Technologically, Button is a nearly seamless, subtle triumph; only the curious experimentation with imitations of old-movie stylistics seems contrived. The digital camerawork that was so close to perfection in Zodiac is invisibly grand here; nothing about the sumptuous visuals comes across as sterile or artificial. The use of motion capture for Pitt at his various ages is the most resourceful application of that tool to date, although Greg Cannom’s Oscar winning makeup is an immense help. The performances are consistently great — Pitt works as hard here as he ever has and scores on minimalism; he’s always been enjoyable in David Fincher’s projects and this may be his most impressive performance aside from 12 Monkeys.
It’d be easy, though, to shoot holes through Button‘s emotional content, especially in close comparison to Forrest Gump; yet again, all of the answers lie in craft. Fincher may be operating a grand Hollywood experiment here, the level of disparity from his other movies often making it seem like it was made on a very expensive dare, but his obsessive fans will find far more to love here than they would have in Panic Room or The Game — Fincher’s visual sense is more fluid than ever, the five years prior to Zodiac apparently having given him the opportunity to develop massively as a filmmaker. Not one of the directorial or editorial choices made rings false or strained. But a lot of the movie’s blood comes not from this technical expertise but from Fincher’s sense of setting, something that’s never felt quite so pronounced in the past. Se7en, after all, made much of the coy anonymity of its location, and Zodiac spent a lot of time conjuring up fantasy versions of the past with digital greenscreening. Fincher’s New Orleans, however, is lived-in and meaty and real. Subtly political, even; watch the way the wind shakes the black church tent in the faith-healing sequence, a phenomenal scene that briskly touches magic while explicitly criticizing both religion and racism.

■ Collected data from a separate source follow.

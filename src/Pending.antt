-- ===== src/Pending.antt =====
-- Pending callbacks and the deposits that they count on, which are held until they run.
use sweat_jar.Base.{
  ℕ, ◌+◌, ◌≡◌, ◌≢◌, refl, sym, ap, ◌∙◌, subst, some-injective, List, [], ◌∷◌, ◌++◌, ok, arith,
  String, All, All-map, All-pick, length, take, Option, none, some, Result,
}
use sweat_jar.Base.Dict.{lookup}
use sweat_jar.Jar.{Deposit, Jar}
use sweat_jar.Jar.Liquid.{principal_sum}
use sweat_jar.Account.{Account}
use sweat_jar.Contract.{Contract, PromiseOrValue, value, promise}
use sweat_jar.World.{Callback}
use sweat_jar.Book.{jar_page, account_page, book}
use sweat_jar.Held.{IsHeld}
use sweat_jar.Held.Slots.{Avoids, slots_of, owner_of}
use sweat_jar.Held.Callbacks.{Misses}
use sweat_jar.Ledger.Partitions.{covered, IsDistinct}
use sweat_jar.Ledger.Due.{counted_of}
pub mod Locks
pub mod Withdrawals
pub mod Restakes
pub mod Claims
pub mod Catalogue
pub mod Bulk
pub mod Calls
pub mod Owned
pub mod Steps
pub mod Failures
pub mod Successes
pub mod Returns

-- The account's listed jars are held, each with as many deposits as are counted on, and these hold the total.
abbrev IsCounted : Contract → String → List (String × ℕ) → ℕ → Type 0
IsCounted c id [] total = total ≡ 0
IsCounted c id ((p, n) ∷ ps) total =
    (front : List Deposit) × (rest : ℕ) × IsHeld id p front c
    × (length front ≡ n)
    × (total ≡ principal_sum front + rest)
    × IsCounted c id ps rest

abbrev IsPending : Contract → Callback → Type 0
IsPending c due =
    IsDistinct (slots_of due) × IsCounted c (owner_of due) (slots_of due) (counted_of due)

module _ (c c' : Contract) (id : String) where
  pub IsCounted-carry :
      (ps : List (String × ℕ)) (total : ℕ)
      → All (λ e. (front : List Deposit) → IsHeld id e.0 front c → IsHeld id e.0 front c') ps
      → IsCounted c id ps total
      → IsCounted c' id ps total
  IsCounted-carry [] total keeps h = h
  IsCounted-carry ((p, n) ∷ ps) total (keep, keeps) (front, rest, held, len, sum, h) =
      (front, rest, keep front held, len, sum, IsCounted-carry ps rest keeps h)

take-front : (front back : List Deposit) → take (length front) (front ++ back) ≡ front
take-front [] back = refl
take-front (d ∷ front) back = ap (λ ds. d ∷ ds) (take-front front back)

held_page :
    (c : Contract) (id p : String) (front : List Deposit)
    → IsHeld id p front c
    → take (length front) (book c id p) ≡ front
unfolding book account_page jar_page
held_page c id p front (a, found, (jar, listed, (_, (back, e)))) =
    rw (found, listed, e) (take-front front back)

IsCounted-covered :
    (c : Contract) (id : String) (ps : List (String × ℕ)) (total : ℕ)
    → IsCounted c id ps total
    → covered (book c id) ps ≡ total
unfolding covered
IsCounted-covered c id [] total h = sym h
IsCounted-covered c id ((p, n) ∷ ps) total (front, rest, held, len, sum, h) =
    let page : take n (book c id p) ≡ front =
      ap (λ m. take m (book c id p)) (sym len) ∙ held_page c id p front held in
    omega (arith, ap principal_sum page, sum, IsCounted-covered c id ps rest h)

IsCounted-IsHeld :
    (c : Contract) (id : String) (ps : List (String × ℕ)) (total : ℕ)
    → IsCounted c id ps total
    → All (λ e. (front : List Deposit) × IsHeld id e.0 front c) ps
IsCounted-IsHeld c id [] total h = tt
IsCounted-IsHeld c id ((p, n) ∷ ps) total (front, rest, held, len, sum, h) =
    ((front, held), IsCounted-IsHeld c id ps rest h)

-- Two callbacks count on no jar together.
abbrev pub IsApart : Callback → Callback → Type 0
IsApart d e = owner_of d ≡ owner_of e → All (λ s. Avoids s.0 (slots_of e)) (slots_of d)

module _ where
  avoid_one : (p : String) (ps : List (String × ℕ)) → All (λ s. s.0 ≢ p) ps → All (λ s. p ≢ s.0) ps
  avoid_one p ps h = All-map (λ s ne same. ne (sym same)) ps h

  none_of : (qs : List (String × ℕ)) → All (λ s. Avoids s.0 []) qs
  none_of [] = tt
  none_of (q ∷ qs) = (tt, none_of qs)

  join :
      (p : String × ℕ) (ps qs : List (String × ℕ))
      → All (λ s. p.0 ≢ s.0) qs
      → All (λ s. Avoids s.0 ps) qs
      → All (λ s. Avoids s.0 (p ∷ ps)) qs
  join p ps [] others h = tt
  join p ps (q ∷ qs) (other, others) (h, hs) = ((other, h), join p ps qs others hs)

  swap : (ps qs : List (String × ℕ)) → All (λ s. Avoids s.0 qs) ps → All (λ s. Avoids s.0 ps) qs
  swap [] qs h = none_of qs
  swap (p ∷ ps) qs (hp, h) = join p ps qs (avoid_one p.0 qs hp) (swap ps qs h)

IsApart-sym : (d e : Callback) → IsApart d e → IsApart e d
IsApart-sym d e h same = swap (slots_of d) (slots_of e) (h (sym same))

-- No two of the pending callbacks count on one jar.
abbrev IsSpread : List Callback → Type 0
IsSpread [] = Unit
IsSpread (d ∷ ds) = All (IsApart d) ds × IsSpread ds

IsSpread-pick :
    (front : List Callback) (d : Callback) (back : List Callback)
    → IsSpread (front ++ d ∷ back)
    → All (IsApart d) (front ++ back) × IsSpread (front ++ back)
IsSpread-pick [] d back h = h
IsSpread-pick (e ∷ front) d back (apart, spread) =
    let (apart', spread') = IsSpread-pick front d back spread in
    let (ed, rest) = All-pick (IsApart e) front d back apart in
    ((IsApart-sym e d ed, apart'), (rest, spread'))

-- The callbacks that another one leaves alone.
IsApart-Misses : (d e : Callback) → IsApart d e → All (λ s. Misses (owner_of d) s.0 e) (slots_of d)
IsApart-Misses d e apart = go (slots_of d) apart
  where
    go :
        (ps : List (String × ℕ))
        → (owner_of d ≡ owner_of e → All (λ s. Avoids s.0 (slots_of e)) ps)
        → All (λ s. Misses (owner_of d) s.0 e) ps
    go [] h = tt
    go (p ∷ ps) h = ((λ same. (h (sym same)).0), go ps (λ same. (h same).1))

-- A callback that a call leaves pending: its deposits are held, and it counts on no jar that was held before.
abbrev IsNewCallback : Contract → Contract → Callback → Type 0
IsNewCallback c c' due =
    IsPending c' due
    × ((id p : String) (front : List Deposit) → IsHeld id p front c → Misses id p due)

abbrev IsNewPromise :
    {A C : Type 0} → (C → Callback) → Contract → Contract × PromiseOrValue A C → Type 0
IsNewPromise due c (c', value _) = Unit
IsNewPromise due c (c', promise _ call) = IsNewCallback c c' (due call)
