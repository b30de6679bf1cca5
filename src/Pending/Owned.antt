-- ===== src/Pending/Owned.antt =====
-- No call and no callback lists a product under another id.
use sweat_jar.Base.{
  ℕ, ◌≡◌, refl, ◌==◌, Bool, true, false, List, Option, String, require, or_panic, account_not_found,
  add_u128, add_u32,
}
use sweat_jar.Base.Ensures.{Ensures, returns, on_if, always, after, given}
use sweat_jar.Account.{get_total_principal, get_jar}
use sweat_jar.Account
use sweat_jar.Contract.{
  Env, Contract, get_account, put_account, assert_role, maintainer,
  assert_migrate_from_previous_version,
}
use sweat_jar.Migration.{AccountVersioned, is_new_or_empty_account, read_account, migrate_account}
use sweat_jar.Oracle.{unlock_jars_for_account}
use sweat_jar.Claim.{AfterClaim, after_claim, unlock_claimed}
use sweat_jar.Withdraw.{
  AfterWithdraw, AfterBulkWithdraw, after_withdraw, after_bulk_withdraw, clean_up, new_view,
  unlock_requested, view_requests, clean_up_requested, empty_bulk,
}
use sweat_jar.Restake.{
  Request, restake, restake_all, build_restake, build_restake_all, clean_up_and_deposit,
  clean_up_partitions, unlock_partitions, withdrawn_amount, fee_of_withdrawal,
  after_transfer_remainder,
}
use sweat_jar.Fees.{after_fee_withdrawn}
use sweat_jar.World.{
  Call, Callback, handle, resolve, after_claim_due, after_withdraw_due, after_bulk_withdraw_due,
  after_transfer_remainder_due, after_fee_withdrawn_due,
}
use sweat_jar.World.Calls.{ft_on_transfer-IsKept, handle-IsKept}
use sweat_jar.Keeper.Restaking.{restake_internal-IsKept}
use sweat_jar.Catalog.Own.{IsOwn, put_account-IsOwn, same_products-IsOwn, cataloguer}

module _ (env : Env) (c : Contract) (own : IsOwn c) where
  migrate_account-IsOwn :
      (sender : String) (amount : ℕ) (id : String) (stored : Option AccountVersioned)
      → Ensures IsOwn (migrate_account c sender amount id stored)
  unfolding migrate_account
  migrate_account-IsOwn sender amount id stored =
      after (assert_migrate_from_previous_version c sender) _ λ _ _.
        after (require (is_new_or_empty_account c id) _) _ λ _ _.
          after (or_panic stored account_not_found) _ λ versioned _.
            after (read_account versioned) _ λ a _. after (get_total_principal a) _ λ principal _.
              after (require (principal == amount) _) _
                λ _ _. returns _ (put_account-IsOwn c id a own)

  unlock_jars_for_account-IsOwn :
      (id : String) (ids : List String) → Ensures IsOwn (unlock_jars_for_account env c id ids)
  unfolding unlock_jars_for_account
  unlock_jars_for_account-IsOwn id ids =
      after (assert_role env maintainer) _
        λ _ _. after (get_account c id) _ λ a _. returns _ (put_account-IsOwn c id _ own)

clean_up_and_deposit-IsOwn :
    (c : Contract) (r : Request) (now : ℕ) → IsOwn c → Ensures IsOwn (clean_up_and_deposit c r now)
unfolding clean_up_and_deposit
clean_up_and_deposit-IsOwn c r now own = after (get_account c r.account_id) _ λ a _.
    after (clean_up_partitions a r.partitions) _
      λ a' _. after (add_u32 _ 1) _ λ nonce _. returns _ (put_account-IsOwn c r.account_id _ own)

pub handle-IsOwn :
    (env : Env) (c : Contract) (call : Call)
    → IsOwn c
    → Ensures (λ r. IsOwn r.0) (handle env c call)
unfolding restake restake_all
handle-IsOwn env c call own =
    let K = cataloguer env.now in
    handle-IsKept env K c own (λ _. Unit)
      (ft_on_transfer-IsKept env K c own (λ _. Unit) (λ id a product_id principal h. tt)
        (λ sender amount id stored _. migrate_account-IsOwn env c own sender amount id stored))
      (λ from ticket signature amount _.
        restake_internal-IsKept env K (λ _. Unit) IsOwn (λ _ h. h)
          (λ c' r _ _ h. clean_up_and_deposit-IsOwn c' r env.now h) c ticket signature
          (build_restake env c from ticket amount) (always _ (λ _ _. tt)) own)
      (λ ticket signature amount _.
        restake_internal-IsKept env K (λ _. Unit) IsOwn (λ _ h. h)
          (λ c' r _ _ h. clean_up_and_deposit-IsOwn c' r env.now h) c ticket signature
          (build_restake_all env c ticket amount) (always _ (λ _ _. tt)) own)
      (λ id ids _. unlock_jars_for_account-IsOwn env c own id ids) (λ c1 c2 _ keeps h. keeps h) call
      tt

module _ (c : Contract) (now : ℕ) (own : IsOwn c) where
  kept : (c' : Contract) → c'.products ≡ c.products → IsOwn c'
  kept c' same = same_products-IsOwn c c' same own

  after_claim-IsOwn :
      (call : AfterClaim) (success : Bool) → Ensures (λ r. IsOwn r.0) (after_claim c call success)
  unfolding after_claim put_account
  after_claim-IsOwn call true = after (get_account c call.account_id) _ λ a _.
      after (or_panic call.account_rollback.new_jars account_not_found) _
        λ jars _. after (unlock_claimed a jars) _ λ a' _. returns _ (kept _ refl)
  after_claim-IsOwn call false =
      after (get_account c call.account_id) _
        λ a _. after (Account.apply a call.account_rollback) _ λ a' _. returns _ (kept _ refl)

  after_withdraw-IsOwn :
      (call : AfterWithdraw) (success : Bool)
      → Ensures (λ r. IsOwn r.0) (after_withdraw c call success)
  unfolding after_withdraw put_account
  after_withdraw-IsOwn call success = after (get_account c call.account_id) _ λ a _.
      after (get_jar a call.request.product_id) _ λ jar _.
        on_if success _ _
          (after (clean_up _ call.request) _ λ a' _.
            after (add_u128 c.fee_amount _) _
              λ fees _. after (new_view _ _ _) _ λ v _. returns _ (kept _ refl))
          (after (new_view _ 0 0) _ λ v _. returns _ (kept _ refl))

  after_bulk_withdraw-IsOwn :
      (call : AfterBulkWithdraw) (success : Bool)
      → Ensures (λ r. IsOwn r.0) (after_bulk_withdraw c call success)
  unfolding after_bulk_withdraw put_account
  after_bulk_withdraw-IsOwn call true = after (get_account c call.account_id) _ λ a _.
      after (unlock_requested a call.requests) _ λ a' _.
        after (view_requests empty_bulk call.requests) _ λ v _.
          after (clean_up_requested a' c.fee_amount call.requests) _ λ r _. returns _ (kept _ refl)
  after_bulk_withdraw-IsOwn call false =
      after (get_account c call.account_id) _
        λ a _. after (unlock_requested a call.requests) _ λ a' _. returns _ (kept _ refl)

  after_transfer_remainder-IsOwn :
      (r : Request) (success : Bool) → Ensures IsOwn (after_transfer_remainder c r now success)
  unfolding after_transfer_remainder put_account
  after_transfer_remainder-IsOwn r success = after (withdrawn_amount r.withdrawal) _ λ n _.
      after (get_account c r.account_id) _ λ a _. after (unlock_partitions a r.partitions) _ λ a' _.
        on_if success _ _
          (after (add_u128 c.fee_amount (fee_of_withdrawal r.withdrawal)) _
            λ fees _. clean_up_and_deposit-IsOwn _ r now (kept _ refl))
          (returns _ (kept _ refl))

  after_fee_withdrawn-IsOwn :
      (amount : ℕ) (success : Bool)
      → Ensures (λ r. IsOwn r.0) (after_fee_withdrawn c amount success)
  unfolding after_fee_withdrawn
  after_fee_withdrawn-IsOwn amount true = returns _ own
  after_fee_withdrawn-IsOwn amount false =
      after (add_u128 c.fee_amount amount) _ λ fees _. returns _ (kept _ refl)

  pub resolve-IsOwn : (due : Callback) (success : Bool) → Ensures IsOwn (resolve c now due success)
  unfolding resolve
  resolve-IsOwn (after_claim_due call) success =
      given _ (after_claim-IsOwn call success) λ r h. returns _ h
  resolve-IsOwn (after_withdraw_due call) success =
      given _ (after_withdraw-IsOwn call success) λ r h. returns _ h
  resolve-IsOwn (after_bulk_withdraw_due call) success =
      given _ (after_bulk_withdraw-IsOwn call success) λ r h. returns _ h
  resolve-IsOwn (after_transfer_remainder_due r) success = after_transfer_remainder-IsOwn r success
  resolve-IsOwn (after_fee_withdrawn_due amount) success =
      given _ (after_fee_withdrawn-IsOwn amount success) λ r h. returns _ h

The powerful, ornate beauty of the ingeniously utilized Louisiana locations is the extra feature that gives this broad, mildly syrupy story just the right touch of personality and imagination.
The wraparound sequences in the present day that depict Daisy as an old woman listening to her and Benjamin’s daughter reading the diary have been criticized for their culturally manipulative use of Katrina as a buildup object and emotional climax, the aching sadness of the floodwaters creeping in to destroy so much unexpectedly. That’s unfair because this is the purest manifestation of Fincher’s sense of setting and of collective pulse; it’s David Fincher as documentarian, the perfectly perverse bedfellow for Fincher the sudden Capra-copping populist. Whether it’s all firmly glued together or not, you feel satisfied and worn out with yearning by the end.